IOPS on nodes running in synology

humbfig · November 26, 2022, 3:25pm

So, I’ve installed Diagnosis tool in my syno and been observing it.
Mainly, iotop. I can see in accumulated mode that there are some processes not related to storj that stand up. “postgres: walwriter” pops up and also the inevitable multi “kworks” processes. One surprising process has been also showing up, “synosnmpcd”, even after disabling SNMP.
All things considered, from my observations, the over-IOPS come from multiple “storagenode run” commands. This can observed on the following iotop output in accumulated mode:

In running mode, one can see “storagenode run” commands always show high IO:

I’m not sure every node piece dl/up should start with 99.9% or not. I don’t know what “IO%” means. It’s a fraction multiplied by 100. What’s on the numerator? What’s on the denominator?

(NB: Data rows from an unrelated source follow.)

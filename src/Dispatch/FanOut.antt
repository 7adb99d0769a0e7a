-- ===== src/Dispatch/FanOut.antt =====
-- The fan-out of src/dispatch/dispatch-service.ts over the in-memory queue.
use notify_hub.Base.{
  suc, Option, none, some, List, [], ◌∷◌, ◌++◌, map, map-append, append_assoc, append-nil, Text,
  ◌≡◌, refl, sym, ap, ◌∙◌,
}
use notify_hub.Core.{DispatchJob, DeliveryJob, ProfileRecord}
use notify_hub.Db.{Db}
use notify_hub.Ports.{Externals, Io, Outcome, ok, raise, World, DeliveryOutcome, QueuePort}
use notify_hub.Ports.Keeps.{Keeps}
use notify_hub.Queue.{in_memory_queue}
use notify_hub.Queue.Laws.{enqueue_delivery_lem, outcome_of}
use notify_hub.Dispatch.{enqueue_each, handle_dispatch, targets, fan_out}

abbrev pub channels_of : List DeliveryOutcome → List Text
channels_of outcomes = map (λ o. o.channel) outcomes

module _ (x : Externals) (h : DeliveryJob → Io (Unit {0}))
    (keeps : (j : DeliveryJob) → Keeps (h j)) where
  abbrev pub queue : QueuePort
  queue = in_memory_queue x none (some h)

  -- After the loop every channel has its outcome, in order, and the loop has not been ended by any.
  pub record IsFannedOut (channels : List Text) (w : World) (r : Outcome (Unit {0}) × World)
      : Type 0 where
    pub resolved : r.0 ≡ ok tt
    pub outcomes : channels_of r.1.deliveries ≡ channels_of w.deliveries ++ channels
    pub db : r.1.db ≡ w.db

  channels_of-outcome :
      (os : List DeliveryOutcome) (c : Text) (r : Outcome (Unit {0}))
      → channels_of (os ++ outcome_of c r ∷ []) ≡ channels_of os ++ c ∷ []
  channels_of-outcome os c (ok u) = map-append _ os _
  channels_of-outcome os c (raise e) = map-append _ os _

  enqueue_each-IsFannedOut :
      (job : DispatchJob) (id : Text) (channels : List Text) (w : World)
      → IsFannedOut channels w (enqueue_each queue job id channels w)
  unfolding enqueue_each
  enqueue_each-IsFannedOut job id [] w = record {
    resolved = refl;
    outcomes = sym (append-nil _);
    db = refl;
  }
  enqueue_each-IsFannedOut job id (c ∷ channels) w =
      let one : DeliveryJob = record {
        notification = job.notification;
        channel = c;
        dispatch_job_id = id;
      } in
      let (done, recorded, same) = enqueue_delivery_lem x none h one w (keeps one) in
      let rest = enqueue_each-IsFannedOut job id channels (queue.enqueue_delivery one w).1 in
      rw done (record {
        resolved = rest.resolved;
        outcomes =
            rest.outcomes
            ∙ ap (λ (os : List Text). os ++ channels)
                (ap channels_of recorded ∙ channels_of-outcome w.deliveries c _)
            ∙ append_assoc (channels_of w.deliveries) (c ∷ []) channels;
        db = rest.db ∙ same;
      })

  -- With a delivery handler that leaves the tables and the outcomes alone, handling a job resolves,
  -- records one outcome for each of its targets, in order, and leaves the tables alone.
  pub handle_dispatch-IsFannedOut :
      (profile_repo : Option (Db → Text → Option ProfileRecord)) (job : DispatchJob) (w : World)
      → IsFannedOut (targets profile_repo w.db job) w (handle_dispatch x queue profile_repo job w)
  unfolding handle_dispatch fan_out
  handle_dispatch-IsFannedOut profile_repo job w = over (targets profile_repo w.db job)
    where
      over : (channels : List Text) → IsFannedOut channels w (fan_out x queue job channels w)
      over [] = record { resolved = refl; outcomes = sym (append-nil _); db = refl }
      over (c ∷ channels) =
          let all =
            enqueue_each-IsFannedOut job (x.uuid w.uuids_drawn) (c ∷ channels)
              (record w { uuids_drawn = suc w.uuids_drawn }) in
          record { resolved = all.resolved; outcomes = all.outcomes; db = all.db }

I know that at the same time this is going on the CPU is overwhelmed waiting for the disks,

although there’s not that many IO operations going on. I’ve seen a lot more without the CPU being overwhelmed:

So, I don’t really know what’s going on here… but something is. My egress success rate is down to 93% on both nodes.
Also, this has been a ~1TB ingress month. In 1 hour about 80% of the month gains was deleted!?!?
If you guys can help…

humbfig · November 27, 2022, 1:14pm

Followup,

This morning I noticed the disk lights on my syno flashing for ~2 seconds, pausing for ~1 second. Immediately I knew the “CPU I/O wait time” armageddon was over (I didn’t write “IOPS armageddon” because the syno is doing about the same IOPS it was doing before). Apparently, this was the usual behaviour after a restart of the nodes (1-2 days of too high CPU I/O wait times), although with ~15% more “system CPU” that usually is not there.

I found that the process “synosnmpdc” is related to the app “Resource Monitor”. As soon as I tried to plot the historical data of CPU usage, the process took over nearly 100% in iotop IO and the CPU wait times went through the roof again. I disabled the usage history in the app. Real time plotting is ok concerning the CPU wait times.

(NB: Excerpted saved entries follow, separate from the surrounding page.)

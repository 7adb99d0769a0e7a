-- ===== src/Channels/Adapters/Frame.antt =====
-- No adapter touches the tables or the recorded deliveries.
use notify_hub.Base.{arith}
use notify_hub.Base.Map.{Map}
use notify_hub.Base.{Text}
use notify_hub.Core.{Notification}
use notify_hub.Ports.{Externals}
use notify_hub.Ports.Keeps.{Keeps}
use notify_hub.Channels.Adapters.Chat.{discord_channel, slack_channel, telegram_channel}
use notify_hub.Channels.Adapters.Publish.{ntfy_channel, webhook_channel}
use notify_hub.Channels.Adapters.Voice.{local_tts_channel, voicemonkey_channel}
use notify_hub.Channels.Adapters.Direct.{email_channel, whatsapp_channel}

module _ (x : Externals) (cfg : Map Text) (n : Notification) where
  pub discord-Keeps : Keeps ((discord_channel x cfg).send n)
  unfolding discord_channel
  discord-Keeps = record { db = λ w. ground arith; deliveries = λ w. ground arith }

  pub slack-Keeps : Keeps ((slack_channel x cfg).send n)
  unfolding slack_channel
  slack-Keeps = record { db = λ w. ground arith; deliveries = λ w. ground arith }

  pub telegram-Keeps : Keeps ((telegram_channel x cfg).send n)
  unfolding telegram_channel
  telegram-Keeps = record { db = λ w. ground arith; deliveries = λ w. ground arith }

  pub ntfy-Keeps : Keeps ((ntfy_channel x cfg).send n)
  unfolding ntfy_channel
  ntfy-Keeps = record { db = λ w. ground arith; deliveries = λ w. ground arith }

  pub webhook-Keeps : Keeps ((webhook_channel x cfg).send n)
  unfolding webhook_channel
  webhook-Keeps = record { db = λ w. ground arith; deliveries = λ w. ground arith }

  pub local_tts-Keeps : Keeps ((local_tts_channel x cfg).send n)
  unfolding local_tts_channel
  local_tts-Keeps = record { db = λ w. ground arith; deliveries = λ w. ground arith }

  pub voicemonkey-Keeps : Keeps ((voicemonkey_channel x cfg).send n)
  unfolding voicemonkey_channel
  voicemonkey-Keeps = record { db = λ w. ground arith; deliveries = λ w. ground arith }

  pub email-Keeps : Keeps ((email_channel x cfg).send n)
  unfolding email_channel
  email-Keeps = record { db = λ w. ground arith; deliveries = λ w. ground arith }

  pub whatsapp-Keeps : Keeps ((whatsapp_channel x cfg).send n)
  unfolding whatsapp_channel
  whatsapp-Keeps = record { db = λ w. ground arith; deliveries = λ w. ground arith }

So, I guess I’m good until I get the v1.66.3.
Success rates are climbing.

Now, for maybe a different “problem” which might not even be a problem. I started this month with my oldest node holding 6.36TB. Ingress is almost 600GB. I now hold 6.46TB. Approximately 400GB were deleted when it upgraded to v1.67.1. I restarted the node and got v1.66.1 again. The deleted amount vanished. I had more than 6.8TB again (can’t recall the exact number). 1 day later I got back to what I now hold. Strange…
Such sudden decrease in the node size could be related to Storj purging test data, which is alright. But the other node was created in September, vetted only in 3 satellites, and was also hit by a sudden decrease.

This can not be test data…
Did you all experience this rate of recent data being deleted?

Jaco · November 27, 2022, 5:33pm

Hi, may be a reply for you there:
Big loss of stored data, gone to trash, during one night

humbfig · November 27, 2022, 7:08pm

Yes. Thanks. That non-problem is solved.